Nimm das Red. Stück von DN 110 auf DN 50 und besorge Dir ein Anschlußstück für eine Pumpe , UVC , etc. mit 1 1/4 " Gewindeanschluß.

Dieses passt ziemlich schließend in das DN 50 Rohr .
Zusätzlich etwas Innontec , und fertig ist der Anschluß !!

     




Gruß  Dirk


----------



## A6er (4. März 2008)

*AW: 1 1/2 Zoll Spiralschlauch wie mit Eingang DN 110 verbinden?*

Danke Dodi!

Das wäre dann also wohl dieses Teil: Stufen - Schlauchtülle 50-40-38-32 mm.
Nur:
Wie bekomme ich dann das andere Ende fest in die Reduktion am Filtereingang (110/50 oder 50/40)? 
Nur reinstecken?
Das hält doch nicht, oder?


----------



## A6er (4. März 2008)

*AW: 1 1/2 Zoll Spiralschlauch wie mit Eingang DN 110 verbinden?*



			
				bussi67 schrieb:
			
		

> Hallo Rüdiger
> 
> 
> 
> ...



Danke Dirk!!!!!
Woher bekommt man so einen 1 1/4 " Gewindeanschluss?
Habe ich im Baumarkt gerade nicht gesehen


----------



## bussi67 (4. März 2008)

*AW: 1 1/2 Zoll Spiralschlauch wie mit Eingang DN 110 verbinden?*

Hi Rüdiger 




			
				A6er schrieb:
			
		

> Woher bekommt man so einen 1 1/4 " Gewindeanschluss?
> Habe ich im Baumarkt gerade nicht gesehen




Keine Ahnung   

Bei mir ist mal ein Anschluß von einer Pumpe übrig geblieben , wahren versch.  größen dabei .

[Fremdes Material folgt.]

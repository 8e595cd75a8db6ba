-- ===== src/Model/Scan/Spelled.antt =====
-- On internal/model/fastjson.go: the objects that are spelled as encoders spell them.
use the_500mb_club_challenge.Model.Scan.Numeral.{scan_number_literal-format_int}
use the_500mb_club_challenge.Prelude.{
  ◌^◌, ◌<◌, length-append, ℕ, zero, suc, ◌≤◌, ◌≡◌, refl, ◌∙◌, none, some, List, [], ◌∷◌, ◌++◌,
  Bytes, codes, arith, length, All,
}
use the_500mb_club_challenge.Prelude.Int.{pos}
use the_500mb_club_challenge.Golang.Strconv.{parse_int-format_int, format_int}
use the_500mb_club_challenge.Golang.Float64.{Float64}
use the_500mb_club_challenge.Model.Point.{PointJson}
use the_500mb_club_challenge.Model.Scan.{skip_ws, trailing_only_ws, read_key, string_loop}
use the_500mb_club_challenge.Model.Scan.Object.{
  no_fields, scan_point_json, eq_fold_ascii, Field, ts, lat, lon, battery, ax, ay, az, unknown,
  store_field, field_name, read_field, expect, read_member, member_loop,
}
use the_500mb_club_challenge.Model.Scan.Stop.{IsStop}
use the_500mb_club_challenge.Model.Scan.Number.{
  IsNumber, comma-IsStop, brace-IsStop, read_float-stop, read_int-stop,
}

-- The key of a field, with its colon.
abbrev pub key_text : Field → Bytes
key_text ts = codes "\"ts\":"
key_text lat = codes "\"lat\":"
key_text lon = codes "\"lon\":"
key_text battery = codes "\"battery\":"
key_text ax = codes "\"ax\":"
key_text ay = codes "\"ay\":"
key_text az = codes "\"az\":"
key_text unknown = codes "\"\":"

read_member-key :
    (f : Field) (s : Bytes) (pj : PointJson)
    → read_member (key_text f ++ s) pj ≡ store_field f (skip_ws s) pj
unfolding read_member skip_ws read_key string_loop expect read_field field_name eq_fold_ascii
read_member-key ts s pj = refl
read_member-key lat s pj = refl
read_member-key lon s pj = refl
read_member-key battery s pj = refl
read_member-key ax s pj = refl
read_member-key ay s pj = refl
read_member-key az s pj = refl
read_member-key unknown s pj = refl

-- A float field, what spells it, and its value.
abbrev pub Entry : Type 0
Entry = Field × (Bytes × Float64)

abbrev pub IsEntry : Entry → Type 0
IsEntry (ts, e) = ⊥
IsEntry (unknown, e) = ⊥
IsEntry (lat, (lit, v)) = IsNumber lit v
IsEntry (lon, (lit, v)) = IsNumber lit v
IsEntry (battery, (lit, v)) = IsNumber lit v
IsEntry (ax, (lit, v)) = IsNumber lit v
IsEntry (ay, (lit, v)) = IsNumber lit v
IsEntry (az, (lit, v)) = IsNumber lit v

abbrev pub set_entry : Entry → PointJson → PointJson
set_entry (ts, e) pj = pj
set_entry (unknown, e) pj = pj
set_entry (lat, (lit, v)) pj = record pj { lat = some v }
set_entry (lon, (lit, v)) pj = record pj { lon = some v }
set_entry (battery, (lit, v)) pj = record pj { battery = some v }
set_entry (ax, (lit, v)) pj = record pj { ax = some v }
set_entry (ay, (lit, v)) pj = record pj { ay = some v }
set_entry (az, (lit, v)) pj = record pj { az = some v }

-- Members behind the first, and the closing brace.
abbrev pub entries_text : List Entry → Bytes
entries_text [] = b'}' ∷ []
entries_text ((f, (lit, v)) ∷ es) = b',' ∷ (key_text f ++ (lit ++ entries_text es))

abbrev pub set_entries : List Entry → PointJson → PointJson
set_entries [] pj = pj
set_entries (e ∷ es) pj = set_entries es (set_entry e pj)

read_member-entry :
    (f : Field) (lit : Bytes) (v : Float64) (c : ℕ) (rest : Bytes) (pj : PointJson)
    → (stop : IsStop c) → IsEntry (f, (lit, v))
    → read_member (key_text f ++ (lit ++ c ∷ rest)) pj ≡ some (set_entry (f, (lit, v)) pj, c ∷ rest)
unfolding store_field
read_member-entry ts lit v c rest pj stop h = absurd h
read_member-entry unknown lit v c rest pj stop h = absurd h
read_member-entry lat lit v c rest pj stop h =
    read_member-key lat (lit ++ c ∷ rest) pj ∙ rw (read_float-stop c rest stop pj.lat lit v h) refl
read_member-entry lon lit v c rest pj stop h =
    read_member-key lon (lit ++ c ∷ rest) pj ∙ rw (read_float-stop c rest stop pj.lon lit v h) refl
read_member-entry battery lit v c rest pj stop h =
    read_member-key battery (lit ++ c ∷ rest) pj
    ∙ rw (read_float-stop c rest stop pj.battery lit v h) refl
read_member-entry ax lit v c rest pj stop h =
    read_member-key ax (lit ++ c ∷ rest) pj ∙ rw (read_float-stop c rest stop pj.ax lit v h) refl
read_member-entry ay lit v c rest pj stop h =
    read_member-key ay (lit ++ c ∷ rest) pj ∙ rw (read_float-stop c rest stop pj.ay lit v h) refl
read_member-entry az lit v c rest pj stop h =
    read_member-key az (lit ++ c ∷ rest) pj ∙ rw (read_float-stop c rest stop pj.az lit v h) refl

-- What stands behind a member is a comma or the brace.
entries_text-IsStop :
    (es : List Entry) → (c : ℕ) × (rest : Bytes) × (entries_text es ≡ c ∷ rest) × IsStop c
entries_text-IsStop [] = (b'}', [], refl, brace-IsStop)
entries_text-IsStop ((f, (lit, v)) ∷ es) =
    (b',', key_text f ++ (lit ++ entries_text es), refl, comma-IsStop)

read_member-entries :
    (f : Field) (lit : Bytes) (v : Float64) (es : List Entry) (pj : PointJson)
    → IsEntry (f, (lit, v))
    → read_member (key_text f ++ (lit ++ entries_text es)) pj
      ≡ some (set_entry (f, (lit, v)) pj, entries_text es)
read_member-entries f lit v es pj h =
    let (c, rest, e, stop) = entries_text-IsStop es in
    rw e (read_member-entry f lit v c rest pj stop h)

member_loop-entries :
    (fuel : ℕ) (es : List Entry) (s : Bytes) (pj pj' : PointJson)
    → length es ≤ fuel
    → All IsEntry es
    → read_member s pj ≡ some (pj', entries_text es)
    → member_loop (suc fuel) pj s ≡ some (set_entries es pj')
unfolding member_loop skip_ws trailing_only_ws
member_loop-entries fuel [] s pj pj' le h e = rw (member_loop, e) refl
member_loop-entries zero ((f, (lit, v)) ∷ es) s pj pj' le h e = absurd (omega (arith, le))
member_loop-entries (suc fuel) ((f, (lit, v)) ∷ es) s pj pj' le (h, hs) e =
    rw (member_loop, e)
      (member_loop-entries fuel es (key_text f ++ (lit ++ entries_text es)) pj'
        (set_entry (f, (lit, v)) pj') (omega (arith, le)) hs (read_member-entries f lit v es pj' h))

-- An object with a positive timestamp and then the floats.
abbrev pub object_text : ℕ → List Entry → Bytes
object_text n es = codes "{\"ts\":" ++ (format_int (pos n) ++ entries_text es)

length-entries_text : (es : List Entry) → length es ≤ length (entries_text es)
length-entries_text [] = omega arith
length-entries_text ((f, (lit, v)) ∷ es) = omega (
  arith,
  length-entries_text es,
  length-append (key_text f) (lit ++ entries_text es),
  length-append lit (entries_text es),
)

scan_point_json-brace :
    (s : Bytes)
    → scan_point_json (b'{' ∷ b'"' ∷ s) ≡ member_loop (suc (length s)) no_fields (b'"' ∷ s)
unfolding scan_point_json skip_ws expect
scan_point_json-brace s = refl

read_member-ts :
    (n : ℕ) (es : List Entry)
    → 1 ≤ n
    → n < 2 ^ 63
    → read_member (key_text ts ++ (format_int (pos n) ++ entries_text es)) no_fields
      ≡ some (record no_fields { ts = some (pos n) }, entries_text es)
unfolding store_field
read_member-ts n es l h =
    let (c, rest, e, stop) = entries_text-IsStop es in
    rw e (
      read_member-key ts (format_int (pos n) ++ c ∷ rest) no_fields
      ∙ rw
          (read_int-stop c rest stop none (format_int (pos n)) (pos n)
            (scan_number_literal-format_int n l (omega (arith, h)))
            (parse_int-format_int (pos n) (omega (arith, h))))
          refl)

-- Such an object is read into its fields.
pub scan_point_json-object_text :
    (n : ℕ) (es : List Entry)
    → 1 ≤ n
    → n < 2 ^ 63
    → All IsEntry es
    → scan_point_json (object_text n es)
      ≡ some (set_entries es (record no_fields { ts = some (pos n) }))
scan_point_json-object_text n es l h hs =
    let text : Bytes = format_int (pos n) ++ entries_text es in
    scan_point_json-brace (codes "ts\":" ++ text)
    ∙ member_loop-entries (length (codes "ts\":" ++ text)) es (key_text ts ++ text) no_fields
        (record no_fields { ts = some (pos n) })
        (omega (
          arith,
          length-entries_text es,
          length-append (codes "ts\":") text,
          length-append (format_int (pos n)) (entries_text es),
        ))
        hs (read_member-ts n es l h)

Aber ich denke in einem Fachhandel für Teichpumpen sollte man dieses Teil ohne weiteres für kleine Geld bekommen  .

Gruß  Dirk


----------



## Olli.P (4. März 2008)

*AW: 1 1/2 Zoll Spiralschlauch wie mit Eingang DN 110 verbinden?*

Hi Rüdiger,


Ich habe das  hier noch irgendwo rumliegen 

Das kann ich dir günstig + Erstattung der Portokosten anbieten, wenns passt. Dann köntest du alles sofort in PVC machen und kleben. Nur den O-Ring müsstest du dir selbst besorgen den hab ich selbst in gebrauch......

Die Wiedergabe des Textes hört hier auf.